▶ [WORK INSTRUCTIONS] Where a line below includes the word "IsNodup", copy that line.

▶ [THE DATA]

**********

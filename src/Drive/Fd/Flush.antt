-- ===== src/Drive/Fd/Flush.antt =====
-- What `Flush` commits after sequential writing.
use proton_utils.Base.{
  ℕ, suc, ◌+◌, ◌≤◌, ◌<◌, ◌≡◌, ◌⊎◌, sym, ap, ◌∙◌, Bool, true, false, not, ◌&&◌, none, List, [], ◌∷◌,
  ◌++◌, append-nil, length, length-eq-zero, Bool-cases, inl, inr, ==_iff, ◌==◌, Bytes, size, nat_eq,
  ok, arith,
}
use proton_utils.Drive.Fd.State.{Fd, is_write, Upload, UploadedBlock, UpdateRevisionReq, Remote}
use proton_utils.Drive.Fd.Commit.{Manifest, encrypt_and_upload_block}
use proton_utils.Drive.Fd.Commit.{
  gather, no_blocks, submit_partial, wait, send_manifest, commit_revision_from_tokens,
  decide_commit, flush,
}
use proton_utils.Drive.Fd.Stream.{contents, contents-concat, IsFull, Stream}
use proton_utils.Drive.Fd.Completion.{Completes}
use proton_utils.Drive.Fd.Waits.{outcome, Waited, wait-Waited}
use proton_utils.Drive.Fd.Manifests.{
  IsNumbered, IsNumbered-IsNodup, upload_each, upload_each-AllOk, manifest_of, gather-upload_each,
}

-- Blocks of `size` bytes, of which only the last may be shorter, and none is empty.
abbrev pub IsCut : ℕ → List Upload → Type 0
IsCut size [] = Unit
IsCut size (u ∷ []) = (0 < length u.1) × (length u.1 ≤ size)
IsCut size (u ∷ v ∷ us) = (length u.1 ≡ size) × IsCut size (v ∷ us)

-- The uploads cut the data into blocks numbered from 0.
pub record Blocks (size : ℕ) (us : List Upload) (data_written : Bytes) : Type 0 where
  pub joined : contents us ≡ data_written
  pub numbered : IsNumbered 0 us
  pub cut : IsCut size us

IsFull-IsNumbered : (size i : ℕ) (us : List Upload) → IsFull size i us → IsNumbered i us
IsFull-IsNumbered size i [] h = tt
IsFull-IsNumbered size i (u ∷ us) h = (h.0, IsFull-IsNumbered size (suc i) us h.2)

IsNumbered-concat :
    (i : ℕ) (us : List Upload) (j : ℕ) (block : Bytes)
    → IsNumbered i us
    → j ≡ i + length us
    → IsNumbered i (us ++ (j, block) ∷ [])
IsNumbered-concat i [] j block h e = (omega arith, tt)
IsNumbered-concat i (u ∷ us) j block h e =
    (h.0, IsNumbered-concat (suc i) us j block h.1 (omega arith))

IsFull-IsCut : (size i : ℕ) (us : List Upload) → 0 < size → IsFull size i us → IsCut size us
IsFull-IsCut size i [] p h = tt
IsFull-IsCut size i (u ∷ []) p h = omega arith
IsFull-IsCut size i (u ∷ v ∷ us) p h = (h.1, IsFull-IsCut size (suc i) (v ∷ us) p h.2)

IsCut-concat :
    (size i : ℕ) (us : List Upload) (j : ℕ) (block : Bytes)
    → IsFull size i us
    → 0 < length block
    → length block ≤ size
    → IsCut size (us ++ (j, block) ∷ [])
IsCut-concat size i [] j block h p q = (p, q)
IsCut-concat size i (u ∷ []) j block h p q = (h.1, (p, q))
IsCut-concat size i (u ∷ v ∷ us) j block h p q =
    (h.1, IsCut-concat size (suc i) (v ∷ us) j block h.2 p q)

-- Handing over the partial block leaves the data cut into blocks.
pub submit_partial-Blocks :
    (size : ℕ) (fd : Fd) {data_written : Bytes}
    → 0 < size
    → Stream size fd data_written
    → Blocks size (submit_partial fd).inflight data_written
unfolding submit_partial
submit_partial-Blocks size fd p s = elim (Bool-cases (length fd.cur_block == 0)) [
  | inl empty ↦ rw empty (record {
    joined =
        sym (append-nil _)
        ∙ ap (λ l. contents fd.inflight ++ l)
            (sym (length-eq-zero fd.cur_block ((==_iff _ 0).0 empty)))
        ∙ s.joined;
    numbered = IsFull-IsNumbered size 0 fd.inflight s.full;
    cut = IsFull-IsCut size 0 fd.inflight p s.full;
  })
  | inr partial ↦ rw partial (record {
    joined = contents-concat fd.inflight fd.cur_idx fd.cur_block ∙ s.joined;
    numbered =
        IsNumbered-concat 0 fd.inflight fd.cur_idx fd.cur_block
          (IsFull-IsNumbered size 0 fd.inflight s.full) (omega (arith, s.idx));
    cut =
        IsCut-concat size 0 fd.inflight fd.cur_idx fd.cur_block s.full (some_bytes partial)
          (omega (arith, s.short));
  })
]
  where
    some_bytes : (length fd.cur_block == 0) ≡ false → 0 < length fd.cur_block
    some_bytes h = ground arith

pub submit_partial-same :
    (fd : Fd)
    → submit_partial fd ≡ record fd { inflight = (submit_partial fd).inflight; cur_block = [] }
unfolding submit_partial
submit_partial-same fd = elim (Bool-cases (length fd.cur_block == 0)) [
  | inl empty ↦
      rw empty (λ i. record fd { cur_block = length-eq-zero fd.cur_block ((==_iff _ 0).0 empty) i })
  | inr partial ↦ rw partial
]

commit_revision-accepted :
    (r : Remote) (fd : Fd) {m : Manifest} {req : UpdateRevisionReq}
    → gather (size fd.tokens) 0 fd.tokens no_blocks ≡ ok m
    → send_manifest r fd m ≡ ok req
    → commit_revision_from_tokens r true fd
      ≡ (record fd { accepted = fd.accepted ++ req ∷ [] }, ok tt)
unfolding commit_revision_from_tokens
commit_revision-accepted r fd g s = elim (Bool-cases (size fd.tokens == 0)) [
  | inl e ↦ simp (e, g, s)
  | inr e ↦ simp (e, g, s)
]

-- The decision and the commit, for a descriptor whose tokens gather to a manifest.
pub decide_commit-commits :
    (r : Remote) (has_cur : Bool) (fd : Fd) {m : Manifest} {req : UpdateRevisionReq}
    → (size fd.tokens == 0 && not has_cur && not (fd.is_new && not fd.committed)) ≡ false
    → gather (size fd.tokens) 0 fd.tokens no_blocks ≡ ok m
    → send_manifest r fd m ≡ ok req
    → decide_commit r has_cur fd none ≡ (
      record fd {
        tokens = [];
        committed = true;
        accepted = fd.accepted ++ req ∷ [];
        invalidations = fd.invalidations + 1;
      },
      ok tt,
    )
unfolding decide_commit
decide_commit-commits r has_cur fd d g s = simp (d, commit_revision-accepted r fd g s)

pub flush-is_write :
    (r : Remote) (order : List Upload) (fd : Fd)
    → is_write fd.mode ≡ true
    → flush r order fd
      ≡ decide_commit r
          (not (length fd.cur_block == 0))
          (wait r order (submit_partial fd))
          (wait r order (submit_partial fd)).first_err
unfolding flush
flush-is_write r order fd h = simp h

blocks-pos :
    (us : List Upload) {data_written : Bytes}
    → contents us ≡ data_written
    → 0 < length data_written
    → 0 < length us
blocks-pos [] e p = absurd (omega (arith, ap length e))
blocks-pos (u ∷ us) e p = omega arith

no_tests : (n : ℕ) (a b : Bool) → 0 < n → (n == 0 && a && b) ≡ false
no_tests n a b p = ground arith

fresh_tests : (a b c : Bool) → c ≡ true → (a && b && not c) ≡ false
fresh_tests a b c p = ground arith

module _ (r : Remote) (size' : ℕ) (fd : Fd) (order : List Upload) {data_written : Bytes}
    {ubs : List UploadedBlock} {req : UpdateRevisionReq} (positive : 0 < size')
    (stream : Stream size' fd data_written) (writes : is_write fd.mode ≡ true)
    (no_tokens : fd.tokens ≡ []) (no_error : fd.first_err ≡ none)
    (completes : Completes (submit_partial fd).inflight order)
    (uploads : upload_each (outcome r fd) (submit_partial fd).inflight ≡ ok ubs)
    (sends : send_manifest r fd (manifest_of ubs) ≡ ok req) where
  outcome-submit_partial : outcome r (submit_partial fd) ≡ outcome r fd
  unfolding encrypt_and_upload_block
  outcome-submit_partial = ap (outcome r) (submit_partial-same fd)

  blocks : Blocks size' (submit_partial fd).inflight data_written
  blocks = submit_partial-Blocks size' fd positive stream

  waited : Waited r (submit_partial fd) (wait r order (submit_partial fd))
  waited =
      wait-Waited r order (submit_partial fd) completes
        (IsNumbered-IsNodup 0 (submit_partial fd).inflight blocks.numbered)
        (ap (λ (f : Fd). f.tokens) (submit_partial-same fd) ∙ no_tokens)
        (ap (λ (f : Fd). f.first_err) (submit_partial-same fd) ∙ no_error)

  uploads' : upload_each (outcome r (submit_partial fd)) (submit_partial fd).inflight ≡ ok ubs
  uploads' = rw outcome-submit_partial uploads

  abbrev end : Fd
  end = wait r order (submit_partial fd)

  end-same :
      end ≡ record fd { inflight = []; cur_block = []; tokens = end.tokens; first_err = none }
  end-same = waited.same ∙ λ i. record (submit_partial-same fd i) {
    inflight = [];
    tokens = end.tokens;
    first_err = waited.no_error (upload_each-AllOk _ _ uploads') i;
  }

  gathered : gather (size end.tokens) 0 end.tokens no_blocks ≡ ok (manifest_of ubs)
  gathered =
      let all_ok =
        upload_each-AllOk (outcome r (submit_partial fd)) (submit_partial fd).inflight uploads' in
      ap (λ k. gather k 0 end.tokens no_blocks) (waited.all_counted all_ok)
      ∙ gather-upload_each (outcome r (submit_partial fd)) end.tokens (submit_partial fd).inflight
          blocks.numbered (waited.all_found all_ok) uploads'

  due_now :
      (0 < length data_written) ⊎ ((fd.is_new && not fd.committed) ≡ true)
      → (size end.tokens == 0
          && not (not (length fd.cur_block == 0))
          && not (end.is_new && not end.committed))
        ≡ false
  due_now (inl some_data) =
      let some_blocks = blocks-pos (submit_partial fd).inflight blocks.joined some_data in
      no_tests _ _ _ (
        let counted : 0 < size end.tokens =
          omega (arith, waited.all_counted (upload_each-AllOk _ _ uploads'), some_blocks) in
        counted)
  due_now (inr fresh) =
      fresh_tests (size end.tokens == 0) (not (not (length fd.cur_block == 0)))
        (end.is_new && not end.committed)
        (ap (λ (f : Fd). f.is_new && not f.committed) end-same ∙ fresh)

  -- `Flush` of a descriptor for writing that was written sequentially, with no upload recorded or failed
  -- before, if some byte is pending or the file is new and not committed: when all the uploads, in any
  -- order of completion, and the commit's requests succeed, it sends one request, for the blocks in
  -- order, and then holds nothing, is committed and has invalidated the cache once.
  pub flush_commits :
      (0 < length data_written) ⊎ ((fd.is_new && not fd.committed) ≡ true)
      → flush r order fd ≡ (
        record fd {
          inflight = [];
          cur_block = [];
          tokens = [];
          first_err = none;
          committed = true;
          accepted = fd.accepted ++ req ∷ [];
          invalidations = fd.invalidations + 1;
        },
        ok tt,
      )
  unfolding send_manifest
  flush_commits due =
      flush-is_write r order fd writes
      ∙ ap (decide_commit r (not (length fd.cur_block == 0)) end)
          (waited.no_error (upload_each-AllOk _ _ uploads'))
      ∙ decide_commit-commits r (not (length fd.cur_block == 0)) end (due_now due) gathered
          (ap (λ f. send_manifest r f (manifest_of ubs)) end-same ∙ sends)
      ∙ λ i. (
        record (end-same i) {
          tokens = [];
          committed = true;
          accepted = (end-same i).accepted ++ req ∷ [];
          invalidations = (end-same i).invalidations + 1;
        },
        ok tt,
      )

**********

▶ [WRITTEN SOLUTION]
  IsNumbered, IsNumbered-IsNodup, upload_each, upload_each-AllOk, manifest_of, gather-upload_each,
        (IsNumbered-IsNodup 0 (submit_partial fd).inflight blocks.numbered)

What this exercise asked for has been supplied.